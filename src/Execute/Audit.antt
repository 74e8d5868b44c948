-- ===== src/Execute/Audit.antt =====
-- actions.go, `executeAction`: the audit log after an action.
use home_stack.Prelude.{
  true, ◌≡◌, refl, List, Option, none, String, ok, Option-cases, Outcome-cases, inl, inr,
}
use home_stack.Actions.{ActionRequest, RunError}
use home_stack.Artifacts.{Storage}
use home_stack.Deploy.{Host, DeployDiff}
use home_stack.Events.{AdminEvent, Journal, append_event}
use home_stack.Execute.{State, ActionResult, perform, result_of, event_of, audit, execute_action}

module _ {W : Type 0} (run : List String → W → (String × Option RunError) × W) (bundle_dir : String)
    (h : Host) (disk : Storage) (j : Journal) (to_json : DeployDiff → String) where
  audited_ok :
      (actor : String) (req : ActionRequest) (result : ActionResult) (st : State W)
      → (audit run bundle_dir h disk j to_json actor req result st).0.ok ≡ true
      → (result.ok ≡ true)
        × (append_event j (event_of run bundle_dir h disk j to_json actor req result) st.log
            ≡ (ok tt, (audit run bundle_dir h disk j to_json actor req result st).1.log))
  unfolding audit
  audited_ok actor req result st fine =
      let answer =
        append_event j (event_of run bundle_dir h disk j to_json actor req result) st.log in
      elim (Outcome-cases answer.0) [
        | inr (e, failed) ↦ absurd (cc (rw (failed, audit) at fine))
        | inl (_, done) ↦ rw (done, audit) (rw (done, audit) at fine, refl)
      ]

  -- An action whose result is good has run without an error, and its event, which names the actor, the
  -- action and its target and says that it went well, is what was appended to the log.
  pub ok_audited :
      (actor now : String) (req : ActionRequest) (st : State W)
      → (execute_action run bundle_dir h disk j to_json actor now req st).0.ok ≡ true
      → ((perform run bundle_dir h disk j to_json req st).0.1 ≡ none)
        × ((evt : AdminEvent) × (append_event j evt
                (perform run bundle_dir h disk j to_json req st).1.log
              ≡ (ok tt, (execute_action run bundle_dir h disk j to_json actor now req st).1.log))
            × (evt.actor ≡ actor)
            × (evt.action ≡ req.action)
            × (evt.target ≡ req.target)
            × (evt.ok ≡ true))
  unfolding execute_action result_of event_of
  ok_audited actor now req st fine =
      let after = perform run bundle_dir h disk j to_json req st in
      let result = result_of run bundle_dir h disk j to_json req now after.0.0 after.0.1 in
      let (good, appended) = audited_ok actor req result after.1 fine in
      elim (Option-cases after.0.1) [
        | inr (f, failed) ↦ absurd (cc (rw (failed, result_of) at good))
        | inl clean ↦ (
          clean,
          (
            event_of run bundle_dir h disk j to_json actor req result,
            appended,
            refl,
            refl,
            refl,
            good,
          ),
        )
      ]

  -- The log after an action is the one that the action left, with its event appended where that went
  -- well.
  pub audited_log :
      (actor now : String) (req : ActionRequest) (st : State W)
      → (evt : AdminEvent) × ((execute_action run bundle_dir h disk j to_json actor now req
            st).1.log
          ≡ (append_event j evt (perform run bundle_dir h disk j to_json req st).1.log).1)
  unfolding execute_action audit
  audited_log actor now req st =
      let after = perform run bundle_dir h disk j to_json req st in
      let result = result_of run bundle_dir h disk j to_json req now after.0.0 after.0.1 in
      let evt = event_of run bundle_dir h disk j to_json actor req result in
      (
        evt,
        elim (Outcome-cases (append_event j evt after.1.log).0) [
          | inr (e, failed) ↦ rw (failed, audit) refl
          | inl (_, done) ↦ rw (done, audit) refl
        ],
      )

→ **Exercise**
Give back every entry above, complete and exact.

→ **Written solution**
filename src/Execute/Audit.antt
repository 74e8d5868b44c948
-- ===== src/Execute/Audit.antt =====
-- actions.go, `executeAction`: the audit log after an action.
use home_stack.Prelude.{
  true, ◌≡◌, refl, List, Option, none, String, ok, Option-cases, Outcome-cases, inl, inr,
}
use home_stack.Actions.{ActionRequest, RunError}
use home_stack.Artifacts.{Storage}
use home_stack.Deploy.{Host, DeployDiff}
use home_stack.Events.{AdminEvent, Journal, append_event}
use home_stack.Execute.{State, ActionResult, perform, result_of, event_of, audit, execute_action}

module _ {W : Type 0} (run : List String → W → (String × Option RunError) × W) (bundle_dir : String)
    (h : Host) (disk : Storage) (j : Journal) (to_json : DeployDiff → String) where
  audited_ok :
      (actor : String) (req : ActionRequest) (result : ActionResult) (st : State W)
      → (audit run bundle_dir h disk j to_json actor req result st).0.ok ≡ true
      → (result.ok ≡ true)
        × (append_event j (event_of run bundle_dir h disk j to_json actor req result) st.log
            ≡ (ok tt, (audit run bundle_dir h disk j to_json actor req result st).1.log))
  unfolding audit
  audited_ok actor req result st fine =
      let answer =
        append_event j (event_of run bundle_dir h disk j to_json actor req result) st.log in
      elim (Outcome-cases answer.0) [
        | inr (e, failed) ↦ absurd (cc (rw (failed, audit) at fine))
        | inl (_, done) ↦ rw (done, audit) (rw (done, audit) at fine, refl)
      ]

  -- An action whose result is good has run without an error, and its event, which names the actor, the
  -- action and its target and says that it went well, is what was appended to the log.
  pub ok_audited :
      (actor now : String) (req : ActionRequest) (st : State W)
      → (execute_action run bundle_dir h disk j to_json actor now req st).0.ok ≡ true
      → ((perform run bundle_dir h disk j to_json req st).0.1 ≡ none)
        × ((evt : AdminEvent) × (append_event j evt
                (perform run bundle_dir h disk j to_json req st).1.log
              ≡ (ok tt, (execute_action run bundle_dir h disk j to_json actor now req st).1.log))
            × (evt.actor ≡ actor)
            × (evt.action ≡ req.action)
            × (evt.target ≡ req.target)
            × (evt.ok ≡ true))
  unfolding execute_action result_of event_of
  ok_audited actor now req st fine =
      let after = perform run bundle_dir h disk j to_json req st in
      let result = result_of run bundle_dir h disk j to_json req now after.0.0 after.0.1 in
      let (good, appended) = audited_ok actor req result after.1 fine in
      elim (Option-cases after.0.1) [
        | inr (f, failed) ↦ absurd (cc (rw (failed, result_of) at good))
        | inl clean ↦ (
          clean,
          (
            event_of run bundle_dir h disk j to_json actor req result,
            appended,
            refl,
            refl,
            refl,
            good,
          ),
        )
      ]

  -- The log after an action is the one that the action left, with its event appended where that went
  -- well.
  pub audited_log :
      (actor now : String) (req : ActionRequest) (st : State W)
      → (evt : AdminEvent) × ((execute_action run bundle_dir h disk j to_json actor now req
            st).1.log
          ≡ (append_event j evt (perform run bundle_dir h disk j to_json req st).1.log).1)
  unfolding execute_action audit
  audited_log actor now req st =
      let after = perform run bundle_dir h disk j to_json req st in
      let result = result_of run bundle_dir h disk j to_json req now after.0.0 after.0.1 in
      let evt = event_of run bundle_dir h disk j to_json actor req result in
      (
        evt,
        elim (Outcome-cases (append_event j evt after.1.log).0) [
          | inr (e, failed) ↦ rw (failed, audit) refl
          | inl (_, done) ↦ rw (done, audit) refl
        ],
      )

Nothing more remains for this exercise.